AgentEvent::ContextUsage { usage: Usage }. Emitted once per LLM call when the provider reports non-zero usage. Carries real prompt_tokens, completion_tokens, total_tokens, plus optional cache-hit/miss and reasoning counts. The corresponding wire event is ContextUsageEvent { usage: TokenUsage }. Clients track these and decide for themselves when to call compact_conversation.

Real compact_conversation. The runtime method previously returned the summary string and silently dropped the persistence work. It now does all four steps in order: summarize → write archive entry → write session compact marker → replace history with a single user message carrying the summary. Atomic from the client’s perspective.

Reference: explicit replacements

Each removed behavior maps to an existing or planned API:

RemovedExplicit replacement
Auto-compactioncompact_conversation(agent, sender) RPC, gated on client-tracked ContextUsage events
Auto-titlingA future generate_title(conversation_id) RPC; until then, clients can run their own summarization or leave titles blank
Auto-recallThe recall tool (model-driven); or a client-side recall + send composition before the user’s message

The opt-in client-side helpers for each of these are tracked in #188 as SDK sugars — a few dozen lines on top of the daemon client.

Migration

  • New conversations have empty title until a client asks for one. Existing titles on disk are unaffected.
  • The recall tool still works. Clients that previously relied on silent <recall> injection need to either let the model call recall itself (the intended path) or compose recall + send client-side.
  • No auto-compact. Clients should subscribe to ContextUsage events and call compact_conversation when their threshold trips. The model returns an explicit error if context is exceeded — the daemon no longer guesses.
  • compact_threshold in agent TOML is silently dropped via serde default. No errors, just ignored.

Alternatives considered

Keep auto-compact as a safety net. RFC 0185 took this position: “automatic compaction on overflow as a safety net” because clients can’t see overflow coming. Rejected here because the daemon can’t reliably detect overflow either — chars/4 is the wrong tool, and the model itself returns a clear error when context is exceeded. A bad safety net is worse than none, because clients build trust in it and stop watching.

Threshold-gated ContextPressure event. Emit only when over some threshold. Rejected because it recreates the policy problem in a smaller form — the daemon still picks a number, and is still wrong for whichever model and use case it didn’t anticipate. Always-emit ContextUsage lets clients pick.

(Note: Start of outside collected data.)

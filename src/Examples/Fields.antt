-- ===== src/Examples/Fields.antt =====
-- The accessors of bit fields, the byte order of the structures, and the size of a device.
use mac_fdisk.Base.{
  ℕ, zero, suc, ◌+◌, ◌*◌, ◌^◌, ◌%◌, ◌-◌, ◌≡◌, ◌≤◌, ◌<◌, ◌⊎◌, inr, refl, arith, true, false, none,
  some, List, [], ◌∷◌, ltb, leb, ◌&&◌, if◌then◌else◌, All, min,
}
use mac_fdisk.Bitfield.{bitfield_set, bitfield_get}
use mac_fdisk.Bitfield.Bits.{bit}
use mac_fdisk.Bitfield.Laws.{bitfield_get-set, bitfield_get-set_ne, bit-bitfield_set}
use mac_fdisk.Dpme.{
  Dpme, Block0, DdMap, IsDpme, IsDdMap, IsBlock0, bzb_magic_number, block0_signature,
}
use mac_fdisk.Convert.{ByteOrder, convert_dpme, convert_block0, reverse_fields, reverse2, reverse4}
use mac_fdisk.Convert.Laws.{
  convert_dpme_restores, convert_dpme_settled, convert_block0_restores, convert_block0_overruns,
}
use mac_fdisk.Io.Digits.{number_of_digits, number_of_digits-bounds}
use mac_fdisk.PartitionMap.State.{zero_dpme, zero_bzb}
use mac_fdisk.PartitionMap.Size.{compute_device_size}
use mac_fdisk.PartitionMap.Size.Search.{compute_device_size-min}

bitfield_get-set_example : bitfield_get (bitfield_set 0xF0F0 9 4 0x35) 9 4 ≡ 0x35 % 2 ^ 4
bitfield_get-set_example =
    bitfield_get-set 0xF0F0 9 4 0x35 (omega arith) (omega arith) (omega arith) (omega arith)

bitfield_get-set_ne_example :
    bitfield_get (bitfield_set 0xF0F0 9 4 0x35) 5 2 ≡ bitfield_get 0xF0F0 5 2
bitfield_get-set_ne_example =
    bitfield_get-set_ne 0xF0F0 9 4 0x35 5 2 (omega arith) (omega arith) (omega arith) (omega arith)
      (omega arith) (inr (omega arith))

bit-bitfield_set_example :
    bit 7 (bitfield_set 0xF0F0 9 4 0x35)
    ≡ (if leb (9 + 1 - 4) 7 && leb 7 9 then bit (7 - (9 + 1 - 4)) 0x35 else bit 7 0xF0F0)
bit-bitfield_set_example =
    bit-bitfield_set 0xF0F0 9 4 (omega arith) (omega arith) (omega arith) 0x35 7 (omega arith)

-- An entry as a little-endian CPU reads it, with an A/UX block.
abbrev sample : Dpme
sample = record zero_dpme {
  signature = 0x4D50;
  map_entries = 0x02000000;
  pblock_start = 0x01000000;
  pblocks = 0x3F000000;
  flags = 0x33000000;
  bzb = record zero_bzb { bzb_magic = 0xBEBAADAB; bzb_inode = 0x0100; bzb_flags = 0x000000C0 };
}

sample_is : IsDpme sample
unfolding zero_dpme zero_bzb
sample_is = record {
  signature = omega arith;
  reserved_1 = omega arith;
  map_entries = omega arith;
  pblock_start = omega arith;
  pblocks = omega arith;
  lblock_start = omega arith;
  lblocks = omega arith;
  flags = omega arith;
  boot_block = omega arith;
  boot_bytes = omega arith;
  load_addr = omega arith;
  load_addr_2 = omega arith;
  goto_addr = omega arith;
  goto_addr_2 = omega arith;
  checksum = omega arith;
  bzb = record {
    magic = omega arith;
    inode = omega arith;
    flags = omega arith;
    tmade = omega arith;
    tmount = omega arith;
    tumount = omega arith;
  };
}

sample_start : (convert_dpme ByteOrder.little_endian true sample).pblock_start ≡ 1
unfolding convert_dpme reverse_fields reverse4
sample_start = refl

convert_dpme_restores_example :
    convert_dpme ByteOrder.little_endian false (convert_dpme ByteOrder.little_endian true sample)
    ≡ sample
convert_dpme_restores_example =
    convert_dpme_restores ByteOrder.little_endian sample sample_is
      (λ (e : 0xBEBAADAB ≡ bzb_magic_number). absurd (omega (arith, e)))

convert_dpme_settled_example :
    convert_dpme ByteOrder.little_endian true (
      convert_dpme ByteOrder.little_endian false (convert_dpme ByteOrder.little_endian true sample))
    ≡ convert_dpme ByteOrder.little_endian true sample
convert_dpme_settled_example = convert_dpme_settled ByteOrder.little_endian sample sample_is

compute_device_size-min_example :
    compute_device_size (λ (i : ℕ). ltb i 5000) true ≡ some (min 5000 (1024 * 1024 * 1024 + 1))
compute_device_size-min_example = compute_device_size-min (λ (i : ℕ). ltb i 5000) 5000 (λ i. refl)

abbrev driver : DdMap
driver = record { dd_block = 0x40000000; dd_size = 0x0900; dd_type = 0x0100 }

abbrev no_driver : DdMap
no_driver = record { dd_block = 0; dd_size = 0; dd_type = 0 }

abbrev slots : ℕ → List DdMap
slots zero = []
slots (suc n) = no_driver ∷ slots n

-- Block zero with one driver, as a little-endian CPU reads it.
abbrev block_zero : Block0
block_zero = record {
  sb_sig = 0x5245;
  sb_blk_size = 2;
  sb_blk_count = 0xE8030000;
  sb_dev_type = 0x0100;
  sb_dev_id = 0x0100;
  sb_data = 0;
  sb_drvr_count = 0x0100;
  sb_map = driver ∷ slots 60;
  sb_tail = 0 ∷ 0 ∷ 0 ∷ 0 ∷ 0 ∷ 0 ∷ [];
}

slots-IsDdMap : (n : ℕ) → All IsDdMap (slots n)
slots-IsDdMap zero = tt
slots-IsDdMap (suc n) = ((omega arith, omega arith, omega arith), slots-IsDdMap n)

block_zero_is : IsBlock0 block_zero
block_zero_is = record {
  sig = omega arith;
  blk_size = omega arith;
  blk_count = omega arith;
  dev_type = omega arith;
  dev_id = omega arith;
  misc_data = omega arith;
  drvr_count = omega arith;
  slots = refl;
  drivers = ((omega arith, omega arith, omega arith), slots-IsDdMap 60);
}

signed : reverse2 block_zero.sb_sig ≡ block0_signature
unfolding reverse2
signed = refl

few_drivers : reverse2 block_zero.sb_drvr_count ≤ 61
unfolding reverse2
few_drivers = omega arith

convert_block0_restores_example :
    (c : Block0) × (convert_block0 ByteOrder.little_endian true block_zero ≡ some c)
    × (convert_block0 ByteOrder.little_endian false c ≡ some block_zero)
convert_block0_restores_example =
    convert_block0_restores block_zero block_zero_is signed few_drivers

-- The same block with a count of 256 drivers.
abbrev crowded : Block0
crowded = record block_zero { sb_drvr_count = 1 }

crowded_is : IsBlock0 crowded
crowded_is = record {
  sig = omega arith;
  blk_size = omega arith;
  blk_count = omega arith;
  dev_type = omega arith;
  dev_id = omega arith;
  misc_data = omega arith;
  drvr_count = omega arith;
  slots = refl;
  drivers = block_zero_is.drivers;
}

crowded_signed : reverse2 crowded.sb_sig ≡ block0_signature
unfolding reverse2
crowded_signed = refl

many_drivers : 61 < reverse2 crowded.sb_drvr_count
unfolding reverse2
many_drivers = omega arith

convert_block0_overruns_example : convert_block0 ByteOrder.little_endian true crowded ≡ none
convert_block0_overruns_example =
    convert_block0_overruns crowded crowded_is crowded_signed many_drivers

number_of_digits-bounds_example :
    (j : ℕ) × (number_of_digits 1600 ≡ some j)
    × (0 < j)
    × (1600 < 10 ^ j)
    × ((j ≡ 1) ⊎ (10 ^ (j - 1) ≤ 1600))
number_of_digits-bounds_example = number_of_digits-bounds 1600 (omega arith)
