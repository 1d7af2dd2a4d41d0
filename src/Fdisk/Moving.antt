-- ===== src/Fdisk/Moving.antt =====
-- fdisk.c: `move_begin`, which moves the first sector of a partition's data.
pub mod Ends
use mac_fdisk.Base.{ℕ, ◌||◌, Option, none, some, ◌==◌, if◌then◌else◌}
use mac_fdisk.Base.Word.{add32, sub32}
use mac_fdisk.Fdisk.{warn_geometry, calculate, rounded}
use mac_fdisk.Fdisk.Entry.{Partition, extended}
use mac_fdisk.Fdisk.Input.{Lines, Offset, read_int}
use mac_fdisk.Fdisk.Table.{Table, deref, store, mark}

-- The entry with its new first sector; head, sector and cylinder stay.
unfoldable pub begun : Partition → ℕ → Partition
begun p new = record p { nr_sects = sub32 (add32 p.nr_sects p.start_sect) new; start_sect = new }

-- What follows the question, answered by `v`: the new first sector is compared with the size.
unfoldable pub begin_at : ℕ → Partition → ℕ → Table → Option Table
unfolding store mark begun
begin_at i p v t =
    let new = sub32 v (t.offsets i) in
    if new == p.nr_sects
    then some t
    else elim (store (t.part_table i) (begun p new) t) [ none ↦ none | some u ↦ some (mark i u) ]

-- The first sector that the user names.
unfoldable pub ask_begin : ℕ → Partition → Table → Lines → Option (ℕ × Lines)
unfolding rounded read_int
ask_begin i p t ls =
    let g = t.geometry in
    let from = add32 p.start_sect (t.offsets i) in
    let last = sub32 (add32 (add32 p.start_sect p.nr_sects) (t.offsets i)) 1 in
    elim (rounded g (calculate g p.start_hsc) from) [
      | none ↦ none
      | some first ↦ read_int g first first last Offset.lower ls
    ]

-- `move_begin`
unfoldable pub move_begin : ℕ → Table → Lines → Option (Table × Lines)
unfolding deref begin_at ask_begin
move_begin i t ls =
    if warn_geometry t.geometry then some (t, ls) else elim (deref t (t.part_table i)) [
      | none ↦ none
      | some p ↦
          if (p.sys_ind == 0) || ((p.nr_sects == 0) || (p.sys_ind == extended))
          then some (t, ls)
          else elim (ask_begin i p t ls) [
            | none ↦ none
            | some (v, rest) ↦ elim (begin_at i p v t) [ none ↦ none | some u ↦ some (u, rest) ]
          ]
    ]
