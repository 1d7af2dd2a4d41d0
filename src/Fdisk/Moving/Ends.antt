-- ===== src/Fdisk/Moving/Ends.antt =====
-- Where partitions end, once `move_begin` is through.
use mac_fdisk.Base.{
  ℕ, ◌≡◌, ◌<◌, ◌^◌, ◌/◌, ◌||◌, refl, sym, ap, ◌∙◌, arith, Option, none, some, ◌==◌, Bool-cases,
  Option-cases, inl, inr,
}
use mac_fdisk.Base.Word.{add32, sub32}
use mac_fdisk.Fdisk.{warn_geometry}
use mac_fdisk.Fdisk.Entry.{Partition, extended, last_sect}
use mac_fdisk.Fdisk.Input.{Lines}
use mac_fdisk.Fdisk.Table.{Table, deref, store, mark}
use mac_fdisk.Fdisk.Moving.{begun, begin_at, ask_begin, move_begin}

last_sect-begun : (p : Partition) (new : ℕ) → new < 2 ^ 32 → last_sect (begun p new) ≡ last_sect p
unfolding begun add32 sub32
last_sect-begun p new h = omega (arith, h)

-- The last sector of entry `k` in what a call leaves, or in `t` where it leaves nothing.
abbrev last_in : Table → ℕ → Option Table → ℕ
last_in t k none = last_sect (t.entry k)
last_in t k (some u) = last_sect (u.entry k)

abbrev last_after : Table → ℕ → Option (Table × Lines) → ℕ
last_after t k none = last_sect (t.entry k)
last_after t k (some (u, rest)) = last_sect (u.entry k)

abbrev last_or : Partition → Option Partition → ℕ
last_or d none = last_sect d
last_or d (some p) = last_sect p

store-last :
    (t : Table) (o : Option ℕ) (p x : Partition) (k : ℕ)
    → deref t o ≡ some p
    → last_sect x ≡ last_sect p
    → last_in t k (store o x t) ≡ last_sect (t.entry k)
unfolding store deref
store-last t none p x k at same = refl
store-last t (some a) p x k at same = elim (Bool-cases (t.freed (a / 4))) [
  | inl gone ↦ rw (store, gone) refl
  | inr there ↦
      let own : some (t.entry a) ≡ some p = sym (rw (deref, there) refl) ∙ at in
      elim (Bool-cases (k == a)) [
        | inl here ↦
            let it : k ≡ a = ground (arith, here) in
            let before : last_sect (t.entry k) ≡ last_sect p =
              ap (λ (j : ℕ). last_sect (t.entry j)) it ∙ ap (last_or p) own in
            rw (store, there, here) (same ∙ sym before)
        | inr other ↦ rw (store, there, other) refl
      ]
]

begin_at-last :
    (i : ℕ) (p : Partition) (v : ℕ) (t : Table) (k : ℕ)
    → deref t (t.part_table i) ≡ some p
    → last_in t k (begin_at i p v t) ≡ last_sect (t.entry k)
unfolding begin_at mark sub32
begin_at-last i p v t k at =
    let new = sub32 v (t.offsets i) in
    let small : new < 2 ^ 32 = omega arith in
    let stored = store-last t (t.part_table i) p (begun p new) k at (last_sect-begun p new small) in
    elim (Bool-cases (new == p.nr_sects)) [
      | inl same ↦ rw (begin_at, same) refl
      | inr other ↦ elim (Option-cases (store (t.part_table i) (begun p new) t)) [
        | inl fails ↦ rw (begin_at, other, fails) refl
        | inr (u, e) ↦ rw (begin_at, other, e) (ap (last_in t k) (sym e) ∙ stored)
      ]
    ]

move_begin-after :
    (i : ℕ) (t : Table) (ls : Lines) (k : ℕ)
    → last_after t k (move_begin i t ls) ≡ last_sect (t.entry k)
unfolding move_begin
move_begin-after i t ls k = elim (Bool-cases (warn_geometry t.geometry)) [
  | inl unknown ↦ rw (move_begin, unknown) refl
  | inr known ↦ elim (Option-cases (deref t (t.part_table i))) [
    | inl wild ↦ rw (move_begin, known, wild) refl
    | inr (p, at) ↦
        elim (Bool-cases ((p.sys_ind == 0) || ((p.nr_sects == 0) || (p.sys_ind == extended)))) [
          | inl unused ↦ rw (move_begin, known, at, unused) refl
          | inr used ↦ elim (Option-cases (ask_begin i p t ls)) [
            | inl fails ↦ rw (move_begin, known, at, used, fails) refl
            | inr ((v, rest), asked) ↦
                let kept = begin_at-last i p v t k at in
                elim (Option-cases (begin_at i p v t)) [
                  | inl fails ↦ rw (move_begin, known, at, used, asked, fails) refl
                  | inr (u, e) ↦
                      rw (move_begin, known, at, used, asked, e) (ap (last_in t k) (sym e) ∙ kept)
                ]
          ]
        ]
  ]
]

-- However `move_begin` is answered, the last sector that every entry has by its first sector and
-- its size, in 32 bits, is what it was.
pub move_begin-last :
    (i : ℕ) (t u : Table) (ls rest : Lines) (k : ℕ)
    → move_begin i t ls ≡ some (u, rest)
    → last_sect (u.entry k) ≡ last_sect (t.entry k)
move_begin-last i t u ls rest k e = ap (last_after t k) (sym e) ∙ move_begin-after i t ls k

Move policy to per-agent config knobs. “Auto-compact off by default; opt in via compact_threshold.” Rejected because the per-agent config is set by the client at create-time anyway — moving the decision a step earlier doesn’t change who decides, just makes the decision harder to update. A per-call decision (the client picks each turn) is more honest.

Out of scope

Two daemon-side per-turn injections in prepare_history survive this RFC: the <instructions> block from Crab.md discovery and the guest-agent-framing prose (“Messages wrapped in <from agent=\"...\">…”). Same anti-pattern, deferred to a separate cleanup so this RFC stays focused.

Wire-protocol changes are limited to the new ContextUsageEvent and reservation of AgentInfo.compact_threshold (field 10). No breaking renumbering, no new RPCs.